- [Exercise goal]:
Take the entries below and print, exactly, the stretch from the line containing "same_track n anchor" through the line containing "t < row_of u", both included.

━━━━

-- ===== src/Video/Tests.antt =====
-- The cursor of kernel/src/video/terminal.c on a screen of 640 by 480 pixels.
use bethany.Prelude.{◌≡◌, [], ◌∷◌, arith, refl}
use bethany.Video.Integers.{pos, negsuc, signed, unsigned, int64, floor_div, floor_mod, minus}
use bethany.Video.{Graphics, Terminal, terminal_move_cursor, terminal_write}
use bethany.Video.Cursor.{IsInside, Moved, terminal_move_cursor_lem, terminal_write-IsInside}

abbrev screen : Graphics
screen = record { address = 0; width = 640; height = 480; pitch = 2560 }

-- At the start of the second line.
abbrev second_line : Terminal
second_line = record { cursor_x = 0; cursor_y = 16; foreground_color = 255; background_color = 0 }

second_line-IsInside : IsInside screen second_line
second_line-IsInside = record { column = omega arith; row = omega arith }

-- A backspace goes to the end of the line before.
backspace : (terminal_move_cursor screen (pos 0) (negsuc 0) second_line).cursor_x ≡ 632
unfolding terminal_move_cursor int64 signed unsigned floor_div floor_mod minus
backspace = refl

terminal_move_cursor_lem_example :
    let t' = terminal_move_cursor screen (pos 0) (negsuc 0) second_line in
    IsInside screen t' × Moved screen (pos 0) (negsuc 0) second_line t'
terminal_move_cursor_lem_example =
    terminal_move_cursor_lem screen (omega arith) (omega arith) (omega arith) (omega arith) (pos 0)
      (negsuc 0) second_line (omega arith) (omega arith) second_line-IsInside

written-IsInside :
    IsInside screen (terminal_write (λ c i. 0) screen (65 ∷ 10 ∷ 8 ∷ []) (second_line, λ a. 0)).0
written-IsInside =
    terminal_write-IsInside screen (omega arith) (omega arith) (omega arith) (omega arith)
      (λ c i. 0) (65 ∷ 10 ∷ 8 ∷ []) (second_line, λ a. 0) second_line-IsInside
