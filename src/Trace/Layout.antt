-- ===== src/Trace/Layout.antt =====
-- internal/trace/layout.go: the coordinates of the nodes on the swimlanes.
pub mod Places
use netobserv_spcg.Common.{
  ℕ, zero, suc, ◌+◌, ◌-◌, ◌*◌, ◌/◌, ◌%◌, String, str_eq, is_empty, Bool, true, false, not, ◌&&◌,
  List, [], ◌∷◌, Option, some, none, ltb, ◌==◌, if◌then◌else◌, length, get_elem?, map,
}
use netobserv_spcg.Common.Sort.{sort_slice}
use netobserv_spcg.Common.Text.{is_one_of}
use netobserv_spcg.Trace.Types.{TraceNode, TraceEdge, PathSummary, TraceLane}
use netobserv_spcg.Trace.Track.{
  track_ingress, track_anchor, track_shared, track_egress, track_context, infer_path_track,
}

-- `rankForKind`.
unfoldable pub rank_for_kind : String → ℕ
rank_for_kind kind =
    if is_one_of kind ("external-client" ∷ "external" ∷ [])
    then 0
    else if is_one_of kind ("route" ∷ "ingress" ∷ "metallb-pool" ∷ "loadbalancer-external" ∷ [])
    then 1
    else if is_one_of kind (
        "service-clusterip" ∷ "service-loadbalancer" ∷ "service-nodeport" ∷ "service" ∷ "pod"
        ∷ "nad" ∷ [])
    then 2
    else if is_one_of kind
        ("node" ∷ "ovn-logical-port" ∷ "host-veth" ∷ "bond" ∷ "vrf" ∷ "networkpolicy" ∷ [])
    then 3
    else if is_one_of kind
        ("egressip" ∷ "egressservice" ∷ "egress-router" ∷ "bgp-peer" ∷ "metallb-advertisement" ∷ [])
    then 4
    else 2

abbrev pub node_w : ℕ
node_w = 148

abbrev pub node_h : ℕ
node_h = 72

abbrev pub ctx_node_w : ℕ
ctx_node_w = 128

abbrev pub ctx_node_h : ℕ
ctx_node_h = 40

abbrev pub pad_x : ℕ
pad_x = 40

abbrev pub pad_y : ℕ
pad_y = 48

abbrev pub hop_gap : ℕ
hop_gap = 40

abbrev pub ingress_y : ℕ
ingress_y = 52

abbrev pub anchor_y : ℕ
anchor_y = 152

abbrev pub egress_y : ℕ
egress_y = 252

abbrev pub context_y : ℕ
context_y = 348

-- The rank and the track of a node.
unfoldable pub with_track : List TraceEdge → List PathSummary → TraceNode → TraceNode
with_track edges paths n =
    let ranked =
      if n.rank == 0 && not (str_eq n.kind "pod")
      then record n { rank = rank_for_kind n.kind }
      else n in
    if is_empty ranked.track
    then record ranked { track = infer_path_track ranked edges paths }
    else ranked

-- The indices of the nodes of a track, from the index of the first.
unfoldable pub indices_of : String → List TraceNode → ℕ → List ℕ
indices_of track [] i = []
indices_of track (n ∷ nodes) i =
    let rest = indices_of track nodes (i + 1) in if str_eq n.track track then i ∷ rest else rest

abbrev rank_or_zero : Option TraceNode → ℕ
rank_or_zero none = 0
rank_or_zero (some n) = n.rank

-- `sortIndicesByRank`, a stable sort.
unfoldable pub sort_indices_by_rank : List TraceNode → List ℕ → List ℕ
sort_indices_by_rank nodes idxs =
    sort_slice
      (λ (i : ℕ) (j : ℕ). ltb (rank_or_zero (get_elem? nodes i)) (rank_or_zero (get_elem? nodes j)))
      idxs

-- The indices of a track as they are placed; the context is not sorted.
unfoldable pub bucket : String → List TraceNode → List ℕ
bucket track nodes =
    let idxs = indices_of track nodes 0 in
    if str_eq track track_context then idxs else sort_indices_by_rank nodes idxs

-- How many nodes each track has.
pub record Sizes : Type 0 where
  pub ingress : ℕ
  pub anchor : ℕ
  pub shared : ℕ
  pub egress : ℕ
  pub context : ℕ

-- `max`.
abbrev pub larger : ℕ → ℕ → ℕ
larger a b = if ltb b a then a else b

abbrev pub anchor_x : Sizes → ℕ
anchor_x n = pad_x + larger n.ingress 1 * (node_w + hop_gap)

abbrev pub shared_start : Sizes → ℕ
shared_start n = anchor_x n + larger n.anchor 1 * (node_w + 16) + hop_gap

abbrev pub egress_start : Sizes → ℕ
egress_start n =
    if ltb 0 n.shared
    then shared_start n + n.shared * (node_w + hop_gap)
    else anchor_x n + larger n.anchor 1 * (node_w + 16) + hop_gap

pub record Place : Type 0 where
  pub x : ℕ
  pub y : ℕ
  pub width : ℕ
  pub height : ℕ

pub data Track : Type 0 where
  ingress anchor shared egress context : Track

-- Where the node at a position of a track is placed.
unfoldable pub place_at : Sizes → Track → ℕ → Place
place_at n ingress j = record {
  x = pad_x + j * (node_w + hop_gap);
  y = ingress_y;
  width = node_w;
  height = node_h;
}
place_at n anchor j = record {
  x = anchor_x n + j * (node_w + 16);
  y = anchor_y;
  width = node_w;
  height = node_h;
}
place_at n shared j = record {
  x = shared_start n + j * (node_w + hop_gap);
  y = anchor_y;
  width = node_w;
  height = node_h;
}
place_at n egress j = record {
  x = egress_start n + j * (node_w + hop_gap);
  y = egress_y;
  width = node_w;
  height = node_h;
}
place_at n context j = record {
  x = pad_x + j % 6 * (ctx_node_w + 14);
  y = context_y + j / 6 * (ctx_node_h + 12);
  width = ctx_node_w;
  height = ctx_node_h;
}

-- `placeNode`.
abbrev pub place_node : Place → TraceNode → TraceNode
place_node p n = record n { x = p.x; y = p.y; width = p.width; height = p.height }

unfoldable pub update_at : ℕ → (TraceNode → TraceNode) → List TraceNode → List TraceNode
update_at i f [] = []
update_at zero f (n ∷ nodes) = f n ∷ nodes
update_at (suc i) f (n ∷ nodes) = n ∷ update_at i f nodes

-- The loop over the indices of a track.
unfoldable pub place_all : Sizes → Track → ℕ → List ℕ → List TraceNode → List TraceNode
place_all n t j [] nodes = nodes
place_all n t j (idx ∷ idxs) nodes =
    place_all n t (j + 1) idxs (update_at idx (place_node (place_at n t j)) nodes)

abbrev pub max_x : Sizes → ℕ
max_x n =
    if ltb 0 n.egress
    then egress_start n + n.egress * (node_w + hop_gap)
    else if ltb 0 n.shared
    then shared_start n + n.shared * (node_w + hop_gap)
    else anchor_x n + larger n.anchor 1 * (node_w + 16) + node_w

abbrev pub graph_width : Sizes → ℕ
graph_width n = max_x n + pad_x

abbrev pub graph_height : Sizes → ℕ
graph_height n =
    if ltb 0 n.context
    then context_y + (n.context + 5) / 6 * (ctx_node_h + 12) + ctx_node_h + pad_y
    else egress_y + node_h + pad_y

abbrev lane : String → String → ℕ → ℕ → ℕ → TraceLane
lane track label rank y width = record {
  label = label;
  rank = rank;
  x = pad_x - 12;
  width = width - pad_x + 12;
  y = y;
  height = node_h + 36;
  track = track;
}

-- `buildTrackLanes`: the rows of `trackLaneMeta` but for the shared one.
unfoldable pub build_track_lanes : ℕ → List TraceLane
build_track_lanes width =
    lane track_ingress "Ingress paths" 0 (ingress_y - 20) width
    ∷ lane track_anchor "Workload" 1 (anchor_y - 20) width
    ∷ lane track_egress "Egress paths" 3 (egress_y - 20) width
    ∷ []

-- What `applyLayout` sets of the graph.
pub record LaidOut : Type 0 where
  pub nodes : List TraceNode
  pub width : ℕ
  pub height : ℕ
  pub lanes : List TraceLane

unfoldable pub sizes_of : List TraceNode → Sizes
sizes_of nodes = record {
  ingress = length (bucket track_ingress nodes);
  anchor = length (bucket track_anchor nodes);
  shared = length (bucket track_shared nodes);
  egress = length (bucket track_egress nodes);
  context = length (bucket track_context nodes);
}

unfoldable pub place_tracks : Sizes → List TraceNode → List TraceNode
place_tracks n nodes =
    let placed_ingress = place_all n ingress 0 (bucket track_ingress nodes) nodes in
    let placed_anchor = place_all n anchor 0 (bucket track_anchor nodes) placed_ingress in
    let placed_shared = place_all n shared 0 (bucket track_shared nodes) placed_anchor in
    let placed_egress = place_all n egress 0 (bucket track_egress nodes) placed_shared in
    place_all n context 0 (bucket track_context nodes) placed_egress

-- `applyLayout`.
unfoldable pub apply_layout : List TraceNode → List TraceEdge → List PathSummary → LaidOut
apply_layout nodes edges paths =
    let tracked = map (with_track edges paths) nodes in
    let n = sizes_of tracked in
    if length nodes == 0
    then record { nodes = []; width = 960; height = 420; lanes = [] }
    else record {
      nodes = place_tracks n tracked;
      width = graph_width n;
      height = graph_height n;
      lanes = build_track_lanes (graph_width n);
    }
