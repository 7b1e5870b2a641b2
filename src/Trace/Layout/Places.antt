-- ===== src/Trace/Layout/Places.antt =====
-- The places that internal/trace/layout.go gives to nodes.
use netobserv_spcg.Common.{
  ℕ, ◌+◌, ◌/◌, ◌≤◌, ◌<◌, ◌≡◌, ◌≢◌, refl, ◌⊎◌, inl, inr, ltb, Bool-cases, arith, ltb-false, ltb→lt,
}
use netobserv_spcg.Trace.Layout.{
  Sizes, Place, Track, ingress, anchor, shared, egress, context, place_at, larger,
}

-- How many nodes the track has.
abbrev pub count_of : Sizes → Track → ℕ
count_of n ingress = n.ingress
count_of n anchor = n.anchor
count_of n shared = n.shared
count_of n egress = n.egress
count_of n context = n.context

abbrev IsLeftOf : Place → Place → Type 0
IsLeftOf p q = p.x + p.width ≤ q.x

abbrev IsAbove : Place → Place → Type 0
IsAbove p q = p.y + p.height ≤ q.y

-- The rectangles do not overlap.
abbrev pub IsApart : Place → Place → Type 0
IsApart p q = (IsLeftOf p q ⊎ IsLeftOf q p) ⊎ (IsAbove p q ⊎ IsAbove q p)

larger-le : (a b : ℕ) → (a ≤ larger a b) × (b ≤ larger a b)
larger-le a b = (ground arith, ground arith)

order : (i j : ℕ) → i ≢ j → (i < j) ⊎ (j < i)
order i j ne = elim (Bool-cases (ltb i j)) [
  | inl less ↦ inl (ltb→lt i j less)
  | inr more ↦ elim (Bool-cases (ltb j i)) [
    | inl less ↦ inr (ltb→lt j i less)
    | inr same ↦ absurd (ne (omega (arith, ltb-false i j more, ltb-false j i same)))
  ]
]

-- Two nodes of a track.
same_track : (n : Sizes) (t : Track) (i j : ℕ) → i < j → IsApart (place_at n t i) (place_at n t j)
unfolding place_at
same_track n ingress i j less = inl (inl (omega arith))
same_track n anchor i j less = inl (inl (omega arith))
same_track n shared i j less = inl (inl (omega arith))
same_track n egress i j less = inl (inl (omega arith))
same_track n context i j less = elim (Bool-cases (ltb (i / 6) (j / 6))) [
  | inl rows ↦ let above = ltb→lt (i / 6) (j / 6) rows in inr (inl (omega arith))
  | inr row ↦ let level = ltb-false (i / 6) (j / 6) row in inl (inl (omega arith))
]

flip : (p q : Place) → IsApart p q → IsApart q p
flip p q (inl (inl h)) = inl (inr h)
flip p q (inl (inr h)) = inl (inl h)
flip p q (inr (inl h)) = inr (inr h)
flip p q (inr (inr h)) = inr (inl h)

-- The node of an anchor and one of the host track stand in the same row.
anchor_shared :
    (n : Sizes) (i j : ℕ) → i < n.anchor → IsApart (place_at n anchor i) (place_at n shared j)
unfolding place_at
anchor_shared n i j less = let (enough, one) = larger-le n.anchor 1 in inl (inl (omega arith))

abbrev row_of : Track → ℕ
row_of ingress = 0
row_of anchor = 1
row_of shared = 1
row_of egress = 2
row_of context = 3

lower_row :
    (n : Sizes) (t u : Track) (i j : ℕ)
    → row_of t < row_of u
    → IsApart (place_at n t i) (place_at n u j)
unfolding place_at
lower_row n ingress anchor i j h = inr (inl (omega arith))
lower_row n ingress shared i j h = inr (inl (omega arith))
lower_row n ingress egress i j h = inr (inl (omega arith))
lower_row n ingress context i j h = inr (inl (omega arith))
lower_row n anchor egress i j h = inr (inl (omega arith))
lower_row n anchor context i j h = inr (inl (omega arith))
lower_row n shared egress i j h = inr (inl (omega arith))
lower_row n shared context i j h = inr (inl (omega arith))
lower_row n egress context i j h = inr (inl (omega arith))
lower_row n ingress ingress i j h = absurd (omega arith)
lower_row n anchor ingress i j h = absurd (omega arith)
lower_row n anchor anchor i j h = absurd (omega arith)
lower_row n anchor shared i j h = absurd (omega arith)
lower_row n shared ingress i j h = absurd (omega arith)
lower_row n shared anchor i j h = absurd (omega arith)
lower_row n shared shared i j h = absurd (omega arith)
lower_row n egress ingress i j h = absurd (omega arith)
lower_row n egress anchor i j h = absurd (omega arith)
lower_row n egress shared i j h = absurd (omega arith)
lower_row n egress egress i j h = absurd (omega arith)
lower_row n context ingress i j h = absurd (omega arith)
lower_row n context anchor i j h = absurd (omega arith)
lower_row n context shared i j h = absurd (omega arith)
lower_row n context egress i j h = absurd (omega arith)
lower_row n context context i j h = absurd (omega arith)

same_track-IsApart :
    (n : Sizes) (t : Track) (i j : ℕ) → i ≢ j → IsApart (place_at n t i) (place_at n t j)
same_track-IsApart n t i j ne = elim (order i j ne) [
  | inl less ↦ same_track n t i j less
  | inr more ↦ flip (place_at n t j) (place_at n t i) (same_track n t j i more)
]

same_row :
    (n : Sizes) (t u : Track) (i j : ℕ)
    → row_of t ≡ row_of u
    → i < count_of n t
    → j < count_of n u
    → (t ≡ u → i ≢ j)
    → IsApart (place_at n t i) (place_at n u j)
same_row n ingress ingress i j r hi hj ne = same_track-IsApart n ingress i j (ne refl)
same_row n anchor anchor i j r hi hj ne = same_track-IsApart n anchor i j (ne refl)
same_row n shared shared i j r hi hj ne = same_track-IsApart n shared i j (ne refl)
same_row n egress egress i j r hi hj ne = same_track-IsApart n egress i j (ne refl)
same_row n context context i j r hi hj ne = same_track-IsApart n context i j (ne refl)
same_row n anchor shared i j r hi hj ne = anchor_shared n i j hi
same_row n shared anchor i j r hi hj ne =
    flip (place_at n anchor j) (place_at n shared i) (anchor_shared n j i hj)
same_row n ingress anchor i j r hi hj ne = absurd (omega (arith, r))
same_row n ingress shared i j r hi hj ne = absurd (omega (arith, r))
same_row n ingress egress i j r hi hj ne = absurd (omega (arith, r))
same_row n ingress context i j r hi hj ne = absurd (omega (arith, r))
same_row n anchor ingress i j r hi hj ne = absurd (omega (arith, r))
same_row n anchor egress i j r hi hj ne = absurd (omega (arith, r))
same_row n anchor context i j r hi hj ne = absurd (omega (arith, r))
same_row n shared ingress i j r hi hj ne = absurd (omega (arith, r))
same_row n shared egress i j r hi hj ne = absurd (omega (arith, r))
same_row n shared context i j r hi hj ne = absurd (omega (arith, r))
same_row n egress ingress i j r hi hj ne = absurd (omega (arith, r))
same_row n egress anchor i j r hi hj ne = absurd (omega (arith, r))
same_row n egress shared i j r hi hj ne = absurd (omega (arith, r))
same_row n egress context i j r hi hj ne = absurd (omega (arith, r))
same_row n context ingress i j r hi hj ne = absurd (omega (arith, r))
same_row n context anchor i j r hi hj ne = absurd (omega (arith, r))
same_row n context shared i j r hi hj ne = absurd (omega (arith, r))
same_row n context egress i j r hi hj ne = absurd (omega (arith, r))

-- On a layout with so many nodes on each track, two different places do not overlap.
pub place_at-IsApart :
    (n : Sizes) (t u : Track) (i j : ℕ)
    → i < count_of n t
    → j < count_of n u
    → (t ≡ u → i ≢ j)
    → IsApart (place_at n t i) (place_at n u j)
place_at-IsApart n t u i j hi hj ne = elim (Bool-cases (ltb (row_of t) (row_of u))) [
  | inl above ↦ lower_row n t u i j (ltb→lt _ _ above)
  | inr not_above ↦ elim (Bool-cases (ltb (row_of u) (row_of t))) [
    | inl below ↦ flip (place_at n u j) (place_at n t i) (lower_row n u t j i (ltb→lt _ _ below))
    | inr level ↦
        same_row n t u i j (omega (arith, ltb-false _ _ not_above, ltb-false _ _ level)) hi hj ne
  ]
]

━━━━

- [Reply to the exercise]:
same_track n anchor i j less = inl (inl (omega arith))
same_track n shared i j less = inl (inl (omega arith))
same_track n egress i j less = inl (inl (omega arith))
same_track n context i j less = elim (Bool-cases (ltb (i / 6) (j / 6))) [
  | inl rows ↦ let above = ltb→lt (i / 6) (j / 6) rows in inr (inl (omega arith))
  | inr row ↦ let level = ltb-false (i / 6) (j / 6) row in inl (inl (omega arith))
]

flip : (p q : Place) → IsApart p q → IsApart q p
flip p q (inl (inl h)) = inl (inr h)
flip p q (inl (inr h)) = inl (inl h)
flip p q (inr (inl h)) = inr (inr h)
flip p q (inr (inr h)) = inr (inl h)

-- The node of an anchor and one of the host track stand in the same row.
anchor_shared :
    (n : Sizes) (i j : ℕ) → i < n.anchor → IsApart (place_at n anchor i) (place_at n shared j)
unfolding place_at
anchor_shared n i j less = let (enough, one) = larger-le n.anchor 1 in inl (inl (omega arith))

abbrev row_of : Track → ℕ
row_of ingress = 0
row_of anchor = 1
row_of shared = 1
row_of egress = 2
row_of context = 3

lower_row :
    (n : Sizes) (t u : Track) (i j : ℕ)
    → row_of t < row_of u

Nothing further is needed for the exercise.